Characteristics of different methods to convert ECEF to LLA

Question

I'm trying to convert ECEF (Earth Centered, Earth Fixed) coordinates, which are defined in X,Y,Z, centered at (0,0,0) to LLA (Latitude, Longitude, Altitude). There are a couple of methods I found on the internet (please let me know if there are better methods). Both are clearly described in this document, on pages 3-4:

http://www.microem.ru/pages/u_blox/tech/dataconvert/GPS.G1-X-00006.pdf

One uses an iterative method and the other is a closed form solution. I would like to know which method to use for my application. Two relevant criteria are speed (computation time) and accuracy. The algorithms aren't difficult to implement, but I don't think it's straightforward to compare the two... For example, I feel like accuracy will vary by the input ECEF coordinate.

So does anyone have more information about each method? It would be great if I could get which one is faster (guessing closed form) and a rough accuracy I can expect from each (ie, within how many meters of the actual LLA can I expect my answer to be or something along those lines).

Answer 1

You can compare the two. In most applications I suspect the second (direct) method will be the one to choose.

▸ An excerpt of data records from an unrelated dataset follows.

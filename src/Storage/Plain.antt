-- ===== src/Storage/Plain.antt =====
-- Which changes keep the tree within the format of the dump file.
use variables_and_streams_se.Base.{
  List, [], ◌∷◌, Bool, true, false, some, get_or, ◌≡◌, ◌≢◌, arith, Bool-cases, Option-cases, inl,
  inr, All,
}
use variables_and_streams_se.Base.Text.{Text, Lacks, same, eq_of_same}
use variables_and_streams_se.Storage.Tree.{
  RamNode, Childs, node, no_childs, child, value, childs, set_value, set_childs, get_child,
  put_child, delete_child, is_leaf, alter, new_node, cleared, drop_or_keep, delete_at,
}
use variables_and_streams_se.Storage.Values.{delete_at_missing, delete_at_last, delete_at_more}
use variables_and_streams_se.Storage.Dump.{equals, newline}
use variables_and_streams_se.Storage.Replay.{IsPlain, ArePlain}

-- A key that a line of the file can hold.
abbrev pub IsPlainKey : Text → Type 0
IsPlainKey k = (k ≢ []) × Lacks equals k × Lacks newline k

-- A node whose own value fits a line, and all below it.
abbrev pub FitsBelow : RamNode → Type 0
FitsBelow n = Lacks newline (value n) × IsPlain n

IsPlain-get_child :
    (k : Text) (cs : Childs) {m : RamNode}
    → ArePlain cs
    → get_child k cs ≡ some m
    → IsPlainKey k × FitsBelow m
unfolding ArePlain get_child
IsPlain-get_child k no_childs h e = cc
IsPlain-get_child k (child j n cs) {m} (ne, noeq, nonl, fits, plain, plains) e =
    elim (Bool-cases (same j k)) [
      | inl s ↦
          let jk = eq_of_same j k s in
          let nm : n ≡ m = ground arith in rw (← jk, ← nm) ((ne, noeq, nonl), (fits, plain))
      | inr d ↦ IsPlain-get_child k cs plains (ground arith)
    ]

ArePlain-put_child :
    (k : Text) (n : RamNode) (cs : Childs)
    → IsPlainKey k
    → FitsBelow n
    → ArePlain cs
    → ArePlain (put_child k n cs)
unfolding ArePlain put_child
ArePlain-put_child k n no_childs (ne, noeq, nonl) (fits, plain) h =
    (ne, noeq, nonl, fits, plain, tt)
ArePlain-put_child k n (child j m cs) key (fits, plain) (ne, noeq, nonl, fits', plain', plains) =
    elim (Bool-cases (same j k)) [
      | inl s ↦ rw (s) (ne, noeq, nonl, fits, plain, plains)
      | inr d ↦
          rw (d) (ne, noeq, nonl, fits', plain', ArePlain-put_child k n cs key (fits, plain) plains)
    ]

ArePlain-delete_child : (k : Text) (cs : Childs) → ArePlain cs → ArePlain (delete_child k cs)
unfolding ArePlain delete_child
ArePlain-delete_child k no_childs h = tt
ArePlain-delete_child k (child j m cs) (ne, noeq, nonl, fits', plain', plains) =
    elim (Bool-cases (same j k)) [
      | inl s ↦ rw (s) (ArePlain-delete_child k cs plains)
      | inr d ↦ rw (d) (ne, noeq, nonl, fits', plain', ArePlain-delete_child k cs plains)
    ]

ArePlain-of_IsPlain : (n : RamNode) → IsPlain n → ArePlain (childs n)
unfolding IsPlain
ArePlain-of_IsPlain (node i v cs) h = h

FitsBelow-set_childs :
    (n : RamNode) (cs : Childs)
    → Lacks newline (value n)
    → ArePlain cs
    → FitsBelow (set_childs cs n)
unfolding IsPlain
FitsBelow-set_childs (node i v ds) cs f h = (f, h)

FitsBelow-set_value :
    (v : Text) (n : RamNode) → Lacks newline v → IsPlain n → FitsBelow (set_value v n)
unfolding IsPlain
FitsBelow-set_value v (node i w cs) f h = (f, h)

FitsBelow-next :
    (k : Text) (cs : Childs) → ArePlain cs → FitsBelow (get_or (get_child k cs) (new_node k))
unfolding IsPlain ArePlain
FitsBelow-next k cs h = elim (Option-cases (get_child k cs)) [
  | inl e ↦ rw e (tt, tt)
  | inr (m, e) ↦ rw e (IsPlain-get_child k cs h e).1
]

pub FitsBelow-alter :
    (p : List Text) (v : Text) (n : RamNode)
    → All IsPlainKey p
    → Lacks newline v
    → FitsBelow n
    → FitsBelow (alter p (set_value v) n)
unfolding alter
FitsBelow-alter [] v n h f (fits, plain) = FitsBelow-set_value v n f plain
FitsBelow-alter (k ∷ p) v n (key, keys) f (fits, plain) =
    let cs = ArePlain-of_IsPlain n plain in
    FitsBelow-set_childs n _ fits (
      ArePlain-put_child k _ (childs n) key
        (FitsBelow-alter p v (get_or (get_child k (childs n)) (new_node k)) keys f
          (FitsBelow-next k (childs n) cs))
        cs)

FitsBelow-cleared : (c : Bool) (n : RamNode) → IsPlain n → FitsBelow (cleared c n)
unfolding cleared IsPlain ArePlain
FitsBelow-cleared true (node i v cs) w = (tt, tt)
FitsBelow-cleared false (node i v cs) w = (tt, w)

ArePlain-drop_or_keep :
    (k : Text) (m : RamNode) (cs : Childs)
    → IsPlainKey k
    → FitsBelow m
    → ArePlain cs
    → ArePlain (drop_or_keep k m cs)
unfolding drop_or_keep
ArePlain-drop_or_keep k m cs key fits h = elim (Bool-cases (is_leaf (childs m))) [
  | inl e ↦ rw e (ArePlain-delete_child _ cs h)
  | inr e ↦ rw e (ArePlain-put_child k m cs key fits h)
]

FitsBelow-delete_at_step :
    (k : Text) (p : List Text) (c : Bool) (n m : RamNode)
    → get_child k (childs n) ≡ some m
    → FitsBelow n
    → (FitsBelow m → FitsBelow (delete_at p c m))
    → FitsBelow (delete_at (k ∷ p) c n)
FitsBelow-delete_at_step k [] c n m e (fits, plain) rest =
    let cs = ArePlain-of_IsPlain n plain in
    let (key, below) = IsPlain-get_child k (childs n) cs e in
    rw (delete_at_last k c n e) (
      FitsBelow-set_childs n _ fits
        (ArePlain-drop_or_keep k (cleared c m) (childs n) key (FitsBelow-cleared c m below.1) cs))
FitsBelow-delete_at_step k (j ∷ p) c n m e (fits, plain) rest =
    let cs = ArePlain-of_IsPlain n plain in
    let (key, below) = IsPlain-get_child k (childs n) cs e in
    rw (delete_at_more k j p c n e)
      (FitsBelow-set_childs n _ fits (ArePlain-put_child k _ (childs n) key (rest below) cs))

pub FitsBelow-delete_at :
    (p : List Text) (c : Bool) (n : RamNode) → FitsBelow n → FitsBelow (delete_at p c n)
FitsBelow-delete_at [] c n w = unfold delete_at in w
FitsBelow-delete_at (k ∷ p) c n w = elim (Option-cases (get_child k (childs n))) [
  | inl e ↦ rw (delete_at_missing k p c n e) w
  | inr (m, e) ↦ FitsBelow-delete_at_step k p c n m e w (FitsBelow-delete_at p c m)
]

pub FitsBelow-empty : FitsBelow (node [] [] no_childs)
unfolding IsPlain ArePlain
FitsBelow-empty = (tt, tt)
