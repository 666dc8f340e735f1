-- ===== src/Storage/Each.antt =====
-- ForEachChilds (sources/services/storage/ramcachedb.go) against GetChilds and Get.
use variables_and_streams_se.Base.{
  List, [], ◌∷◌, ◌++◌, none, some, ◌≡◌, ◌≢◌, refl, ◌∙◌, ap, sym, arith, if◌then◌else◌, is_empty,
  map, All, Option, Option-cases, inl, inr,
}
use variables_and_streams_se.Base.Text.{Text, Lacks, split, eq_of_same, same_refl}
use variables_and_streams_se.Storage.Path.{
  dot, scroll_path, scroll_path-under, scroll_path_of_Lacks,
}
use variables_and_streams_se.Storage.Tree.{
  RamNode, Childs, no_childs, child, find, value, childs, keys, get_child,
}
use variables_and_streams_se.Storage.Wf.{AreWf, AreWf-of_IsWf, IsWf-find}
use variables_and_streams_se.Storage.Laws.{IsSound}
use variables_and_streams_se.Storage.{RamCacheDb, get, get_childs}

-- The name that the callback is given for the key k.
unfoldable pub full_name : Text → Text → Text
full_name parent_name k = if is_empty parent_name then k else parent_name ++ dot ∷ k

-- The arguments of the callback, one call for each child.
unfoldable pub calls : Text → Childs → List (Text × Text)
unfolding full_name
calls parent_name no_childs = []
calls parent_name (child k n cs) = (full_name parent_name k, value n) ∷ calls parent_name cs

unfoldable pub for_each_childs : Text → RamCacheDb → List (Text × Text)
unfolding calls
for_each_childs parent_name r = elim (find (scroll_path parent_name) r.root) [
  | none ↦ []
  | some item ↦ calls parent_name (childs item)
]

-- A descent behind another.
onward : List Text → Option RamNode → Option RamNode
onward q none = none
onward q (some m) = find q m

find-append : (p q : List Text) (n : RamNode) → find (p ++ q) n ≡ onward q (find p n)
unfolding find onward
find-append [] q n = refl
find-append (k ∷ p) q n = elim (Option-cases (get_child k (childs n))) [
  | inl e ↦ rw (e, find) refl
  | inr (m, e) ↦ rw (e, find) (find-append p q m)
]

-- What Get finds for a child of a node that its parent's name leads to.
find_child :
    (parent k : Text) (root item n : RamNode)
    → scroll_path parent ≡ split dot parent
    → parent ≢ []
    → Lacks dot k
    → k ≢ []
    → find (scroll_path parent) root ≡ some item
    → get_child k (childs item) ≡ some n
    → find (scroll_path (full_name parent k)) root ≡ some n
unfolding full_name find onward
find_child [] k root item n plain ne nodot nek found here = absurd (ne refl)
find_child (c ∷ parent) k root item n plain ne nodot nek found here =
    let step : onward (k ∷ []) (some item) ≡ some n = rw (here, find) refl in
    ap (λ p. find p root) (scroll_path-under (c ∷ parent) k nek)
    ∙ ap (λ p. find (p ++ scroll_path k) root) (sym plain)
    ∙ ap (λ q. find (scroll_path (c ∷ parent) ++ q) root) (scroll_path_of_Lacks k nodot)
    ∙ find-append (scroll_path (c ∷ parent)) (k ∷ []) root
    ∙ ap (onward (k ∷ [])) found
    ∙ step

get_of_find :
    (name d : Text) (r : RamCacheDb) (n : RamNode)
    → find (scroll_path name) r.root ≡ some n
    → get name d r ≡ value n
unfolding get
get_of_find name d r n h = rw (h, get) refl

-- A key of a list of children has its node in a map that answers as the list does.
calls-gets :
    (parent d : Text) (r : RamCacheDb) (item : RamNode) (cs : Childs)
    → scroll_path parent ≡ split dot parent
    → parent ≢ []
    → find (scroll_path parent) r.root ≡ some item
    → AreWf cs
    → All (λ k. k ≢ []) (keys cs)
    → ((k : Text) (n : RamNode) → get_child k cs ≡ some n → get_child k (childs item) ≡ some n)
    → calls parent cs ≡ map (λ k. (full_name parent k, get (full_name parent k) d r)) (keys cs)
unfolding calls keys AreWf get_child
calls-gets parent d r item no_childs plain ne found w nek held = refl
calls-gets parent d r item (child k n cs) plain ne found (name, nodot, once, wn, wcs) (nk, nks)
      held =
    let here = held k n (rw (same_refl k) refl) in
    let there = find_child parent k r.root item n plain ne nodot nk found here in
    let rest =
      calls-gets parent d r item cs plain ne found wcs nks
        (λ j m e. held j m (ground (arith, eq_of_same k j))) in
    rw (rest, get_of_find (full_name parent k) d r n there) refl

-- In a sound tree, below a name that does not end with a dot and whose children have names that are
-- not empty, ForEachChilds calls its function with the full name of each of the names of GetChilds
-- and with what Get finds for it.
pub for_each_childs-get :
    (parent d : Text) (r : RamCacheDb)
    → IsSound r
    → scroll_path parent ≡ split dot parent
    → parent ≢ []
    → All (λ k. k ≢ []) (get_childs parent r)
    → for_each_childs parent r
      ≡ map (λ k. (full_name parent k, get (full_name parent k) d r)) (get_childs parent r)
unfolding for_each_childs get_childs IsSound
for_each_childs-get [] d r sound plain ne nek = absurd (ne refl)
for_each_childs-get (c ∷ s) d r sound plain ne nek =
    elim (Option-cases (find (scroll_path (c ∷ s)) r.root)) [
      | inl e ↦ rw (e, for_each_childs, get_childs) refl
      | inr (item, e) ↦
          let names = rw e at nek in
          rw (e, for_each_childs, get_childs)
            (calls-gets (c ∷ s) d r item (childs item) plain ne e
              (AreWf-of_IsWf item (IsWf-find (scroll_path (c ∷ s)) r.root sound e)) names
              (λ k n h. h))
    ]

Accuracy of the first (iterative) method depends on the accuracy with which you do the computations and when you decide to stop iterating. It therefore can be made as accurate as the second method for all inputs where both are valid (the first method works only for terrestrial heights, not for astronomical ones).

Which is faster depends on the programming environment, the computing architecture, and how much accuracy is needed. (In my tests with Mathematica, the second--direct--method is actually twice as fast as the first, practically no matter how much inaccuracy was tolerated in the iterative method.) Because both methods take about the same amount of computation but the first has to iterate at least once, it actually can be slower. If you're only doing the conversions at sea level (h=0), the iterative method might be a little faster, but the difference isn't going to be huge (I would be surprised by a twofold advantage).

BTW, note that the "closed formula" (for the second method) is a little deceptive: when you get to computing the height h, you need to obtain the radius of curvature N in terms of the latitude you have just calculated (phi). To do that, use the formula for N found in the preceding section.

Answer 2

The naïve algorithm you mentioned (can also be seen here) converges very slowly (approximately millimeter distance error after 2 iterations). Apply Newton's method if you wish to converge quicker.

For a much better iterative algorithm, try Bowring (1976). In my tests, it gives approximately nanometer distance error after 2 iterations.

For a good closed-form algorithm, I recommend Olson (1996), which also gives approximately nanometer distance error. It's in the public domain, and it's quite fast, too.